# Jumping Redfish?



## Buckyt (Oct 1, 2007)

Last week I was trolling for Redfish out of OB when a big fish (that really looked like a big Redfish) jumped completely out of the water and almost hit my boat. Almost immediately after the fish jumped a porpoise came out of the water in almost the same spot. Within seconds I hung my 2nd Redfish for the day. I have never seen a Redfish jump completely out of the water. I assumed he was running from the porpoise. Have any of you seen this before?


----------



## MrFish (Aug 21, 2009)

I have seen slot reds do this.


----------



## Buckyt (Oct 1, 2007)

This was a 20+- lb fish. The fish I hooked up at that spot was about 20lber.


----------



## Crab Man (Oct 21, 2011)

They are atlantic bottle nose dolphines, not porpoises.

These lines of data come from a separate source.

-- ===== src/Engine/Queue/Admission/Ids.antt =====
-- crates/nzbd-engine/src/queue.rs: the identifiers of jobs and reservations stay unique.
use nzbd.Prelude.{
  ℕ, ◌+◌, ◌%◌, ◌^◌, ◌≤◌, ◌<◌, ◌≡◌, inl, inr, refl, subst, ap, ◌∙◌, true, false, List, [], ◌∷◌, ◌++◌,
  Option, none, some, arith, if◌then◌else◌, Bool-cases, ◌==◌, any, find, length,
}
use nzbd.Prelude.Int.{ℤ}
use nzbd.Types.Torrent.{Text, TorrentSource}
use nzbd.Types.Job.{Job, JobId}
use nzbd.State.{PendingAdmission}
use nzbd.Engine.Queue.{QueueState}
use nzbd.Engine.Queue.Admission.{
  AddOpts, TorrentAdmissionCommit, reserve_torrent_admission, without, cancel_torrent_admission,
  holds, merge_params, commit_known, commit_torrent_admission, new_pending, new_job,
  unique_dir_name, sanitize_name,
}

-- How often an identifier is reserved, and how often it is a job's.
unfoldable pub reservations : ℕ → List PendingAdmission → ℕ
reservations i [] = 0
reservations i (p ∷ l) = (if p.job_id == i then 1 else 0) + reservations i l

unfoldable pub owners : ℕ → List Job → ℕ
owners i [] = 0
owners i (j ∷ l) = (if j.id == i then 1 else 0) + owners i l

-- An identifier is reserved or a job's, once at most, and none is in use past the last one given.
pub record UniqueIds (q : QueueState) : Type 0 where
  pub once : (i : ℕ) → reservations i q.pending_admissions + owners i q.jobs ≤ 1
  pub given :
      (i : ℕ) → q.next_job_id < i → reservations i q.pending_admissions + owners i q.jobs ≡ 0

reservations-append :
    (i : ℕ) (l : List PendingAdmission) (p : PendingAdmission)
    → reservations i (l ++ p ∷ []) ≡ reservations i l + (if p.job_id == i then 1 else 0)
unfolding reservations
reservations-append i [] p = ground arith
reservations-append i (x ∷ l) p = omega (arith, reservations-append i l p)

owners-append :
    (i : ℕ) (l : List Job) (j : Job)
    → owners i (l ++ j ∷ []) ≡ owners i l + (if j.id == i then 1 else 0)
unfolding owners
owners-append i [] j = ground arith
owners-append i (x ∷ l) j = omega (arith, owners-append i l j)

reservations-without :
    (i id : ℕ) (l : List PendingAdmission)
    → reservations i (without id l) ≡ (if id == i then 0 else reservations i l)
unfolding reservations without
reservations-without i id [] = ground arith
reservations-without i id (p ∷ l) = ground (arith, reservations-without i id l)

owners-merge_params :
    (i : ℕ) (h : Text) (ps : List (Text × Text)) (l : List Job)
    → owners i (merge_params h ps l) ≡ owners i l
unfolding owners merge_params
owners-merge_params i h ps [] = refl
owners-merge_params i h ps (j ∷ l) =
    let r = owners-merge_params i h ps l in
    elim (Bool-cases (holds h j)) [ inl t ↦ rw t refl | inr f ↦ rw f (omega (arith, r)) ]

any-reservations :
    (id : ℕ) (l : List PendingAdmission)
    → any (λ (p : PendingAdmission). p.job_id == id) l ≡ true
    → 1 ≤ reservations id l
unfolding reservations
any-reservations id [] h = absurd (ground arith)
any-reservations id (p ∷ l) h = ground (arith, any-reservations id l)

pub data Operation : Type 0 where
  reserve : TorrentSource → AddOpts → Operation
  cancel : JobId → Operation
  commit : JobId → TorrentAdmissionCommit → ℤ → Operation

unfoldable pub apply : Operation → QueueState → QueueState
apply (reserve source opts) q = (reserve_torrent_admission source opts q).0
apply (cancel id) q = cancel_torrent_admission id q
apply (commit id c now_unix) q = (commit_torrent_admission id c now_unix q).0

unfoldable pub apply_all : List Operation → QueueState → QueueState
apply_all [] q = q
apply_all (o ∷ os) q = apply_all os (apply o q)

reserve-UniqueIds :
    (source : TorrentSource) (opts : AddOpts) (q : QueueState)
    → q.next_job_id + 1 < 2 ^ 32
    → UniqueIds q
    → UniqueIds (reserve_torrent_admission source opts q).0
unfolding reserve_torrent_admission
reserve-UniqueIds source opts q b u =
    let id = (q.next_job_id + 1) % 2 ^ 32 in
    let e : id ≡ q.next_job_id + 1 = omega arith in
    let r = λ (i : ℕ). reservations-append i q.pending_admissions (new_pending id source opts) in
    record {
      once = λ i. ground (arith, e, u.once i, u.given i, r i);
      given = λ i h. ground (arith, e, u.given i, r i);
    }

cancel-UniqueIds :
    (id : JobId) (q : QueueState) → UniqueIds q → UniqueIds (cancel_torrent_admission id q)
unfolding cancel_torrent_admission
cancel-UniqueIds id q u = record {
  once = λ i. ground (arith, u.once i, reservations-without i id q.pending_admissions);
  given = λ i h. ground (arith, u.given i h, reservations-without i id q.pending_admissions);
}

commit_known-UniqueIds :
    (id : JobId) (c : TorrentAdmissionCommit) (now_unix : ℤ) (q : QueueState) (o : Option Job)
    → 1 ≤ reservations id q.pending_admissions
    → UniqueIds q
    → UniqueIds (commit_known id c now_unix q o).0
unfolding cancel_torrent_admission owners
commit_known-UniqueIds id c now_unix q (some j) p u = record {
  once = λ i. ground (
    arith,
    u.once i,
    reservations-without i id q.pending_admissions,
    owners-merge_params i c.torrent_record.info_hash_v1 c.params q.jobs,
  );
  given = λ i h. ground (
    arith,
    u.given i h,
    reservations-without i id q.pending_admissions,
    owners-merge_params i c.torrent_record.info_hash_v1 c.params q.jobs,
  );
}
commit_known-UniqueIds id c now_unix q none p u =
    let j = new_job id c (unique_dir_name q.jobs id (sanitize_name c.name)) now_unix in
    let w = λ (i : ℕ). reservations-without i id q.pending_admissions in
    let a = λ (i : ℕ). owners-append i q.jobs j in
    let n = u.once id in
    record {
      once = λ i. elim (Bool-cases (id == i)) [
        | inl t ↦
            let e : id ≡ i = ground (arith, t) in
            let m = subst (λ x. reservations x q.pending_admissions + owners x q.jobs ≤ 1) e n in
            let k = subst (λ x. 1 ≤ reservations x q.pending_admissions) e p in
            ground (arith, t, m, k, w i, a i)
        | inr f ↦ ground (arith, f, u.once i, w i, a i)
      ];
      given = λ i h. elim (Bool-cases (id == i)) [
        | inl t ↦
            let e : id ≡ i = ground (arith, t) in
            let k = subst (λ x. 1 ≤ reservations x q.pending_admissions) e p in
            absurd (ground (arith, k, u.given i h))
        | inr f ↦ ground (arith, f, u.given i h, w i, a i)
      ];
    }

commit-UniqueIds :
    (id : JobId) (c : TorrentAdmissionCommit) (now_unix : ℤ) (q : QueueState)
    → UniqueIds q
    → UniqueIds (commit_torrent_admission id c now_unix q).0
unfolding commit_torrent_admission
commit-UniqueIds id c now_unix q u =
    elim (Bool-cases (any (λ (p : PendingAdmission). p.job_id == id) q.pending_admissions)) [
      | inl t ↦ rw t (
          commit_known-UniqueIds id c now_unix q (find (holds c.torrent_record.info_hash_v1) q.jobs)
            (any-reservations id q.pending_admissions t) u)
      | inr f ↦ rw f u
    ]

commit_known-next :
    (id : JobId) (c : TorrentAdmissionCommit) (now_unix : ℤ) (q : QueueState) (o : Option Job)
    → (commit_known id c now_unix q o).0.next_job_id ≡ q.next_job_id
unfolding cancel_torrent_admission
commit_known-next id c now_unix q none = refl
commit_known-next id c now_unix q (some j) = refl

apply-next :
    (o : Operation) (q : QueueState)
    → q.next_job_id + 1 < 2 ^ 32
    → (apply o q).next_job_id ≤ q.next_job_id + 1
unfolding apply reserve_torrent_admission cancel_torrent_admission commit_torrent_admission
apply-next (reserve source opts) q b = omega arith
apply-next (cancel id) q b = omega arith
apply-next (commit id c now_unix) q b =
    ground
      (arith, commit_known-next id c now_unix q (find (holds c.torrent_record.info_hash_v1) q.jobs))

apply-UniqueIds :
    (o : Operation) (q : QueueState)
    → q.next_job_id + 1 < 2 ^ 32
    → UniqueIds q
    → UniqueIds (apply o q)
unfolding apply
apply-UniqueIds (reserve source opts) q b u = reserve-UniqueIds source opts q b u
apply-UniqueIds (cancel id) q b u = cancel-UniqueIds id q u
apply-UniqueIds (commit id c now_unix) q b u = commit-UniqueIds id c now_unix q u

apply_all-UniqueIds :
    (os : List Operation) (q : QueueState)
    → q.next_job_id + length os < 2 ^ 32
    → UniqueIds q
    → UniqueIds (apply_all os q)
unfolding apply_all
apply_all-UniqueIds [] q b u = u
apply_all-UniqueIds (o ∷ os) q b u =
    apply_all-UniqueIds os (apply o q) (omega (arith, apply-next o q (omega arith)))
      (apply-UniqueIds o q (omega arith) u)

-- The identifiers that a sequence of operations hands out, in order.
abbrev pub given_by : Operation → QueueState → List ℕ
given_by (reserve source opts) q = (reserve_torrent_admission source opts q).1 ∷ []
given_by (cancel id) q = []
given_by (commit id c now_unix) q = []

unfoldable pub given_in : List Operation → QueueState → List ℕ
given_in [] q = []
given_in (o ∷ os) q = given_by o q ++ given_in os (apply o q)

-- Each is greater than the one before it, and the first than `n`.
abbrev pub Ascends : ℕ → List ℕ → Type 0
Ascends n [] = Unit
Ascends n (i ∷ l) = (n < i) × Ascends i l

commit-next :
    (id : JobId) (c : TorrentAdmissionCommit) (now_unix : ℤ) (q : QueueState)
    → (commit_torrent_admission id c now_unix q).0.next_job_id ≡ q.next_job_id
unfolding commit_torrent_admission
commit-next id c now_unix q =
    ground
      (arith, commit_known-next id c now_unix q (find (holds c.torrent_record.info_hash_v1) q.jobs))

given_in-Ascends :
    (os : List Operation) (q : QueueState)
    → q.next_job_id + length os < 2 ^ 32
    → Ascends q.next_job_id (given_in os q)
unfolding given_in apply reserve_torrent_admission cancel_torrent_admission
given_in-Ascends [] q b = tt
given_in-Ascends (reserve source opts ∷ os) q b =
    let e : (q.next_job_id + 1) % 2 ^ 32 ≡ q.next_job_id + 1 = omega (arith, b) in
    (omega (arith, e), given_in-Ascends os (apply (reserve source opts) q) (omega (arith, e, b)))
given_in-Ascends (cancel id ∷ os) q b = given_in-Ascends os (apply (cancel id) q) (omega (arith, b))
given_in-Ascends (commit id c now_unix ∷ os) q b =
    let e = commit-next id c now_unix q in
    subst (λ n. Ascends n (given_in os (apply (commit id c now_unix) q))) e
      (given_in-Ascends os (apply (commit id c now_unix) q) (omega (arith, e, b)))

-- Through any sequence of reservations, cancellations and commitments, for which the identifiers last,
-- no identifier is given twice: each that is given is greater than all given before, also those that
-- were cancelled since; and at the end an identifier is that of one reservation or of one job at most,
-- and none past the last one given is in use.
pub ids_stay_unique :
    (os : List Operation) (q : QueueState)
    → q.next_job_id + length os < 2 ^ 32
    → UniqueIds q
    → Ascends q.next_job_id (given_in os q) × UniqueIds (apply_all os q)
ids_stay_unique os q b u = (given_in-Ascends os q b, apply_all-UniqueIds os q b u)

without-none : (id : ℕ) (l : List PendingAdmission) → reservations id l ≡ 0 → without id l ≡ l
unfolding reservations without
without-none id [] h = refl
without-none id (p ∷ l) h =
    let f : (p.job_id == id) ≡ false = ground (arith, h) in
    rw f (ap (λ k. p ∷ k) (without-none id l (omega (arith, h))))

without-append :
    (id : ℕ) (l : List PendingAdmission) (p : PendingAdmission)
    → p.job_id ≡ id
    → without id (l ++ p ∷ []) ≡ without id l
unfolding without
without-append id [] p e = let t : (p.job_id == id) ≡ true = ground (arith, e) in rw t refl
without-append id (x ∷ l) p e =
    let r = without-append id l p e in
    elim (Bool-cases (x.job_id == id)) [ inl t ↦ rw t r | inr f ↦ rw f (ap (λ k. x ∷ k) r) ]

-- A reservation that is cancelled leaves the queue's reservations and jobs as they were, where the
-- identifiers are unique and there is one left to give.
cancel-reserve :
    (source : TorrentSource) (opts : AddOpts) (q : QueueState)
    → q.next_job_id + 1 < 2 ^ 32
    → UniqueIds q
    → let r = reserve_torrent_admission source opts q in
      ((cancel_torrent_admission r.1 r.0).pending_admissions ≡ q.pending_admissions)
      × ((cancel_torrent_admission r.1 r.0).jobs ≡ q.jobs)
unfolding reserve_torrent_admission cancel_torrent_admission
cancel-reserve source opts q b u =
    let id = (q.next_job_id + 1) % 2 ^ 32 in
    (
      without-append id q.pending_admissions (new_pending id source opts) refl
          ∙ without-none id q.pending_admissions (omega (arith, u.given id (omega arith))),
      refl,
    )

Yes a redfish will jump if something is chasing it, but not usually.


----------



## MrFish (Aug 21, 2009)

It's dolphins, not "dolphines". At least spell check if you're going to check other people's posts.


----------



## grey ghost (Jul 24, 2011)

LOL! We caught bulls like that for bout 3 hrs the other Sunday down from OB! lot of fun, and dang good battered and deeeeeeep fried!! LOL


----------



## scspecv22 (Nov 10, 2007)

haha that's pretty funny.


----------